Records section start

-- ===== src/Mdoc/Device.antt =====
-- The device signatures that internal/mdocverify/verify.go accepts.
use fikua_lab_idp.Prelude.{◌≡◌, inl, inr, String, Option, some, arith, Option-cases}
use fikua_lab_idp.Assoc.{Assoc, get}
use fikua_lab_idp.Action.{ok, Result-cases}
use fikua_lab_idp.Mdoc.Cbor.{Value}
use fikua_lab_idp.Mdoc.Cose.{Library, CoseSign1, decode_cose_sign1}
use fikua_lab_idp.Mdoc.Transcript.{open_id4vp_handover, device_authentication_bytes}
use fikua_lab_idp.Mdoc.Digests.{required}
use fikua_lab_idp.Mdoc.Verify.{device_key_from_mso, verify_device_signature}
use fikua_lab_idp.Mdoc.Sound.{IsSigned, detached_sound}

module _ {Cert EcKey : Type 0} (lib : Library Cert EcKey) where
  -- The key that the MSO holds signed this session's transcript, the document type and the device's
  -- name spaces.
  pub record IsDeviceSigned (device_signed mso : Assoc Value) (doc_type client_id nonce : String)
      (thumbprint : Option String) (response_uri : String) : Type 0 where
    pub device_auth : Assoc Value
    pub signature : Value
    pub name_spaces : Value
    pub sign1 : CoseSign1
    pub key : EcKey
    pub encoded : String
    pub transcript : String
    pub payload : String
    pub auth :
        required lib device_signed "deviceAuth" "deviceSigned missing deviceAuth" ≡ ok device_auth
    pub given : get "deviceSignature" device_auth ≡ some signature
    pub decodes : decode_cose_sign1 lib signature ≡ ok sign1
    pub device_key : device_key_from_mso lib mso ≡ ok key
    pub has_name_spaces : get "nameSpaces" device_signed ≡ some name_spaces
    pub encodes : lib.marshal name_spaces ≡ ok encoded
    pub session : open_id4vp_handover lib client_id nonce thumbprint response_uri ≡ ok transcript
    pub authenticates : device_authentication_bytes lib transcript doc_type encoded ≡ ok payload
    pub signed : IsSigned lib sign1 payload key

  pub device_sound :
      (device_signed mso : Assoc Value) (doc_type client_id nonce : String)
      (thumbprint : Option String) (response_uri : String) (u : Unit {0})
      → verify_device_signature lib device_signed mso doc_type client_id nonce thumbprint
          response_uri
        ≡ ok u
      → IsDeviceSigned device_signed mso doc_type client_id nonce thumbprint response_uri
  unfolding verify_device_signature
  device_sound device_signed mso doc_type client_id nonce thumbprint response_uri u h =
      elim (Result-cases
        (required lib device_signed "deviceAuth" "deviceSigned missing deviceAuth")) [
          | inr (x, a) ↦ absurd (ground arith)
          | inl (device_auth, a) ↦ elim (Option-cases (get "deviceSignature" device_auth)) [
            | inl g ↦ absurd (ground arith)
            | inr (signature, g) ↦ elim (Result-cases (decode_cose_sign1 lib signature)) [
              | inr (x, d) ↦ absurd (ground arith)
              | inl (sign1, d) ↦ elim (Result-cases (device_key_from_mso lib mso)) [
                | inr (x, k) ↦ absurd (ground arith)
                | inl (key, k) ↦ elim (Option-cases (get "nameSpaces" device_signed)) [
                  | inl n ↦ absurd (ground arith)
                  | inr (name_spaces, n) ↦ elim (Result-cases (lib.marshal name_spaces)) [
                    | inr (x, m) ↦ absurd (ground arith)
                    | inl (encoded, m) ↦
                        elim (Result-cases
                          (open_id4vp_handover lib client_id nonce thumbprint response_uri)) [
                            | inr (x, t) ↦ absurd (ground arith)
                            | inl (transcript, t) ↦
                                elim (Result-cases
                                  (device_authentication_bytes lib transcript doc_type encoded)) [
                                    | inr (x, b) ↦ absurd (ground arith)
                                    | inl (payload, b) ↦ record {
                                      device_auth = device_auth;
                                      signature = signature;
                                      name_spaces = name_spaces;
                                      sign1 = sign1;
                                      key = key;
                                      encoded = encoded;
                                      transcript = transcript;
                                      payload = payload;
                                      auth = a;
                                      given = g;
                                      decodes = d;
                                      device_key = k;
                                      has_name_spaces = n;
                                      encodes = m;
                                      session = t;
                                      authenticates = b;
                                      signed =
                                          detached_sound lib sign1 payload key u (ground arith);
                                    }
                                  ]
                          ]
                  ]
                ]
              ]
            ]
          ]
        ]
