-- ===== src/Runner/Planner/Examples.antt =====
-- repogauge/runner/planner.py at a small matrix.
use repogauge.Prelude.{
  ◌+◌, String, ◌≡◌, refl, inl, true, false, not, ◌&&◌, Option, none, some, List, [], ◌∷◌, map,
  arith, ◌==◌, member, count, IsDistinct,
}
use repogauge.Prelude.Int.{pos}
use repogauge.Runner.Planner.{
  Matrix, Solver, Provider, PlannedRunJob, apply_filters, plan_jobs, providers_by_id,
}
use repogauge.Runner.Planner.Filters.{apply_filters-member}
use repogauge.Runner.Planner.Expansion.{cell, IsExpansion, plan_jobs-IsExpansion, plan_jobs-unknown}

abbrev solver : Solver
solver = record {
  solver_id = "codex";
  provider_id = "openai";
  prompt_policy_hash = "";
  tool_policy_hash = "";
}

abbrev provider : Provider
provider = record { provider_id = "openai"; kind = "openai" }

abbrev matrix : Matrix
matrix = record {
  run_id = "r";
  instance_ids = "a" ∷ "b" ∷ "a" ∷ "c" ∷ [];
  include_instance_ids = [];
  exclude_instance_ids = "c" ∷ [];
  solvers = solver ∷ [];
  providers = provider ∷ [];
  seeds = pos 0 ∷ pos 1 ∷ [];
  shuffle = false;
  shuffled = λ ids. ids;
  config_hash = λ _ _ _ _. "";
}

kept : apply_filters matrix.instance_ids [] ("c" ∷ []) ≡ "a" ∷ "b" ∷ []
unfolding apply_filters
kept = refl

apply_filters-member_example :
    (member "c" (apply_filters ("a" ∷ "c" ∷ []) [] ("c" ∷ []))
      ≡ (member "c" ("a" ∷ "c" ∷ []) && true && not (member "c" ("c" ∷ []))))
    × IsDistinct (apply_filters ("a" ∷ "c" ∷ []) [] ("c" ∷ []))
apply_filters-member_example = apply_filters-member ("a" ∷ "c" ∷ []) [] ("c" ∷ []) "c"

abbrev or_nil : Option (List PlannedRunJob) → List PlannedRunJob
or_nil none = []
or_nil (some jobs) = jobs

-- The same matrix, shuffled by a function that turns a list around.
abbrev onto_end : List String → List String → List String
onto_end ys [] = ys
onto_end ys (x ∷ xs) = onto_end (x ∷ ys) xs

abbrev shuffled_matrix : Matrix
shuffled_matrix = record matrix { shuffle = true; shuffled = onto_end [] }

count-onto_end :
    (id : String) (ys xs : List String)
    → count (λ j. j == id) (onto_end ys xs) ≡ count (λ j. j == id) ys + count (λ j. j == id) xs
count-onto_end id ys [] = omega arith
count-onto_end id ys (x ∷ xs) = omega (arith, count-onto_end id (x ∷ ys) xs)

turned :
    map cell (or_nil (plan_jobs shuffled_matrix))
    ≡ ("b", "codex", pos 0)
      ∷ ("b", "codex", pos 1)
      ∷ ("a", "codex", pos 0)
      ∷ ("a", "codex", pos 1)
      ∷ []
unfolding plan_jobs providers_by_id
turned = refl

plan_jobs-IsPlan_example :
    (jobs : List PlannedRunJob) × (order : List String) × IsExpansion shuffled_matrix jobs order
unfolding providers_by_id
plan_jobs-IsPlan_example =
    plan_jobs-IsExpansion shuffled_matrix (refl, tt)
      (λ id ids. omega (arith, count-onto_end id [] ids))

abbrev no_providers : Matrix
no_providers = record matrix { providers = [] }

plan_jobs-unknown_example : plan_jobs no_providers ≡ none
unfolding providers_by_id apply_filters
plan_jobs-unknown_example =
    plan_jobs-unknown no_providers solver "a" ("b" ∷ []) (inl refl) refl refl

Records section end

**Exercise prompt:** Starting from the first line of the records above, retype each line exactly up to and including the one that contains "-- name spaces.", and nothing more.

**Completed exercise:**
-- ===== src/Mdoc/Device.antt =====
-- The device signatures that internal/mdocverify/verify.go accepts.
use fikua_lab_idp.Prelude.{◌≡◌, inl, inr, String, Option, some, arith, Option-cases}
use fikua_lab_idp.Assoc.{Assoc, get}
use fikua_lab_idp.Action.{ok, Result-cases}
use fikua_lab_idp.Mdoc.Cbor.{Value}
use fikua_lab_idp.Mdoc.Cose.{Library, CoseSign1, decode_cose_sign1}
use fikua_lab_idp.Mdoc.Transcript.{open_id4vp_handover, device_authentication_bytes}
use fikua_lab_idp.Mdoc.Digests.{required}
use fikua_lab_idp.Mdoc.Verify.{device_key_from_mso, verify_device_signature}
use fikua_lab_idp.Mdoc.Sound.{IsSigned, detached_sound}

module _ {Cert EcKey : Type 0} (lib : Library Cert EcKey) where
  -- The key that the MSO holds signed this session's transcript, the document type and the device's
  -- name spaces.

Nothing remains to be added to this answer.